▶ [Entries supplied]:
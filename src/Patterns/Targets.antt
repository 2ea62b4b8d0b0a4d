-- ===== src/Patterns/Targets.antt =====
-- The targets of the members of a group, against limits.
use jebao_flow_engine.Base.{
  ℕ, ◌≤◌, ◌≡◌, refl, sym, ap, subst, ◌∙◌, Bool, true, false, ◌&&◌, arith, if◌then◌else◌, Bool-cases,
  inl, inr, none, some, is_some, List, [], ◌∷◌, String, str_eq, leb, All,
}
use jebao_flow_engine.Base.Dict.{Dict, lookup, insert, lookup-insert, lookup-insert_self}
use jebao_flow_engine.Base.Result.{
  Result, ok, err, Returns, ensure-eq-ok, >>=-eq-ok, ok-injective, value_error,
}
use jebao_flow_engine.Floats.{Floats, FloatLaws}
use jebao_flow_engine.Groups.{GroupMember}
use jebao_flow_engine.Patterns.Shared.{or_default, member_target, for_members}
use jebao_flow_engine.Protocol.Models.{DeviceTarget, device_target}
use jebao_flow_engine.Safety.{PowerLimits, power_limits}
use jebao_flow_engine.Safety.Bounds.{clamp_enabled_power_bounds}
use mathlib.Core.Option.{none-ne-some}

-- A target is off with power 0, or on with a power between the limits. It is off in a group that is.
unfoldable pub IsWithin : Bool → PowerLimits → DeviceTarget → Type 0
IsWithin on limits target =
    (on ≡ false → target.enabled ≡ false)
    × (target.enabled ≡ false → target.power ≡ 0)
    × (target.enabled ≡ true
        → (limits.min_power ≤ target.power) × (target.power ≤ limits.max_power))

-- All the targets of a dict are.
unfoldable pub AllWithin : Bool → PowerLimits → Dict DeviceTarget → Type 0
unfolding IsWithin
AllWithin on limits targets =
    (device : String) (target : DeviceTarget)
    → lookup device targets ≡ some target
    → IsWithin on limits target

-- Each member has a target.
unfoldable pub Covers : {Float : Type 0} → List (GroupMember Float) → Dict DeviceTarget → Type 0
Covers members targets = All (λ m. is_some (lookup m.device targets) ≡ true) members

-- A calculation returns targets within the limits, for all the members.
unfoldable pub IsBounded :
    {Float : Type 0}
    → Bool
    → PowerLimits
    → List (GroupMember Float)
    → Result (Dict DeviceTarget)
    → Type 0
IsBounded on limits members r =
    (targets : Dict DeviceTarget) × (r ≡ ok targets)
    × AllWithin on limits targets
    × Covers members targets

insert-AllWithin :
    (on : Bool) (limits : PowerLimits) (device : String) (target : DeviceTarget)
    (targets : Dict DeviceTarget)
    → IsWithin on limits target
    → AllWithin on limits targets
    → AllWithin on limits (insert device target targets)
unfolding AllWithin
insert-AllWithin on limits device target targets h rest other t found =
    let at = sym (lookup-insert device other target targets) ∙ found in
    elim (Bool-cases (str_eq device other)) [
      | inl e ↦
          subst (λ x. IsWithin on limits x)
            (ap (or_default target)
              (subst (λ b. (if b then some target else lookup other targets) ≡ some t) e at))
            h
      | inr e ↦
          rest other t
            (subst (λ b. (if b then some target else lookup other targets) ≡ some t) e at)
    ]

insert-Covers :
    {Float : Type 0} (members : List (GroupMember Float)) (device : String) (target : DeviceTarget)
    (targets : Dict DeviceTarget)
    → Covers members targets
    → Covers members (insert device target targets)
unfolding Covers
insert-Covers [] device target targets h = tt
insert-Covers (m ∷ members) device target targets h =
    (rw lookup-insert (ground (arith, h.0)), insert-Covers members device target targets h.1)

min_of : Result PowerLimits → ℕ
min_of (ok l) = l.min_power
min_of (err e) = 0

max_of : Result PowerLimits → ℕ
max_of (ok l) = l.max_power
max_of (err e) = 0

pub power_limits-eq_ok :
    (lo hi : ℕ) (limits : PowerLimits)
    → power_limits lo hi ≡ ok limits
    → (limits.min_power ≤ limits.max_power) × (limits.max_power ≤ 100)
unfolding power_limits min_of max_of
power_limits-eq_ok lo hi limits h =
    let (a, h1) = ensure-eq-ok (leb lo 100) value_error _ h in
    let (b, h2) = ensure-eq-ok (leb hi 100) value_error _ h1 in
    let (c, h3) = ensure-eq-ok (leb lo hi) value_error _ h2 in
    let lo_is = ap (λ r. min_of r) h3 in
    let hi_is = ap (λ r. max_of r) h3 in ground (arith, lo_is, hi_is, a, b, c)

at_most_100 :
    (on : Bool) (p lo hi : ℕ)
    → hi ≤ 100
    → (on ≡ false → p ≡ 0)
    → (on ≡ true → (lo ≤ p) × (p ≤ hi))
    → leb p 100 ≡ true
at_most_100 true p lo hi h off within = let (a, b) = within refl in ground arith
at_most_100 false p lo hi h off within = let a = off refl in ground arith

module _ (F : Floats) (L : FloatLaws F) where
  open F use {Float, of_nat}

  member_target-IsWithin :
      (value : Float) (member : GroupMember Float) (limits : PowerLimits) (on : Bool)
      → limits.min_power ≤ limits.max_power
      → limits.max_power ≤ 100
      → (target : DeviceTarget) × (member_target F value member limits on ≡ ok target)
        × IsWithin on limits target
  unfolding member_target IsWithin device_target
  member_target-IsWithin value member limits on h hi =
      let (p, done, off, within) =
        clamp_enabled_power_bounds F L (F.mul value member.gain) limits (on && member.enabled) h
          hi in
      let is_on = on && member.enabled in
      let fits = at_most_100 is_on p limits.min_power limits.max_power hi off within in
      (
        record { enabled = is_on; power = p; mode = none; frequency = none },
        rw (done, fits),
        (λ e. ap (λ b. b && member.enabled) e, off, within),
      )

  pub for_members-Returns :
      (request : GroupMember Float → Result Float) (limits : PowerLimits) (on : Bool)
      → limits.min_power ≤ limits.max_power
      → limits.max_power ≤ 100
      → ((m : GroupMember Float) → Returns (request m))
      → (members : List (GroupMember Float)) (targets : Dict DeviceTarget)
      → Returns (for_members F request limits on members targets)
  unfolding for_members
  for_members-Returns request limits on h hi asks [] targets = (targets, refl)
  for_members-Returns request limits on h hi asks (m ∷ members) targets =
      let (x, asked) = asks m in
      let (target, done, _) = member_target-IsWithin x m limits on h hi in
      let (result, rest) =
        for_members-Returns request limits on h hi asks members (insert m.device target targets) in
      (result, rw (asked, done, rest))

  for_members-AllWithin :
      (request : GroupMember Float → Result Float) (limits : PowerLimits) (on : Bool)
      → limits.min_power ≤ limits.max_power
      → limits.max_power ≤ 100
      → (members : List (GroupMember Float)) (targets result : Dict DeviceTarget)
      → for_members F request limits on members targets ≡ ok result
      → AllWithin on limits targets
      → (seen : List (GroupMember Float)) → Covers seen targets
      → AllWithin on limits result × Covers members result × Covers seen result
  unfolding for_members Covers
  for_members-AllWithin request limits on h hi [] targets result run w seen c =
      let same = ok-injective run in
      (subst (λ d. AllWithin on limits d) same w, tt, subst (λ d. Covers seen d) same c)
  for_members-AllWithin request limits on h hi (m ∷ members) targets result run w seen c =
      let (x, _, h1) = >>=-eq-ok (request m) _ run in
      let (target, made, h2) = >>=-eq-ok (member_target F x m limits on) _ h1 in
      let (expected, done, within) = member_target-IsWithin x m limits on h hi in
      let fits = subst (λ t. IsWithin on limits t) (ok-injective (sym done ∙ made)) within in
      let next = insert m.device target targets in
      let here = ap is_some (lookup-insert_self m.device target targets) in
      let (all_within, covered, kept) =
        for_members-AllWithin request limits on h hi members next result h2
          (insert-AllWithin on limits m.device target targets fits w) (m ∷ seen)
          (here, insert-Covers seen m.device target targets c) in
      (all_within, (kept.0, covered), kept.1)

  pub for_members-eq_ok :
      (request : GroupMember Float → Result Float) (limits : PowerLimits) (on : Bool)
      (members : List (GroupMember Float)) (targets : Dict DeviceTarget)
      → limits.min_power ≤ limits.max_power
      → limits.max_power ≤ 100
      → for_members F request limits on members [] ≡ ok targets
      → AllWithin on limits targets × Covers members targets
  unfolding AllWithin Covers lookup
  for_members-eq_ok request limits on members targets h hi run =
      let (w, c, _) =
        for_members-AllWithin request limits on h hi members [] targets run
          (λ device target found. absurd (none-ne-some target found)) [] tt in
      (w, c)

▶ [Try it]:
Everything from the line containing "let (all_within, covered, kept)" through the line containing "(here, insert-Covers seen" in the material above should be retyped exactly, both ends included, and nothing more.

▶ [Solution for this problem]:
      let (all_within, covered, kept) =
        for_members-AllWithin request limits on h hi members next result h2
          (insert-AllWithin on limits m.device target targets fits w) (m ∷ seen)
          (here, insert-Covers seen m.device target targets c) in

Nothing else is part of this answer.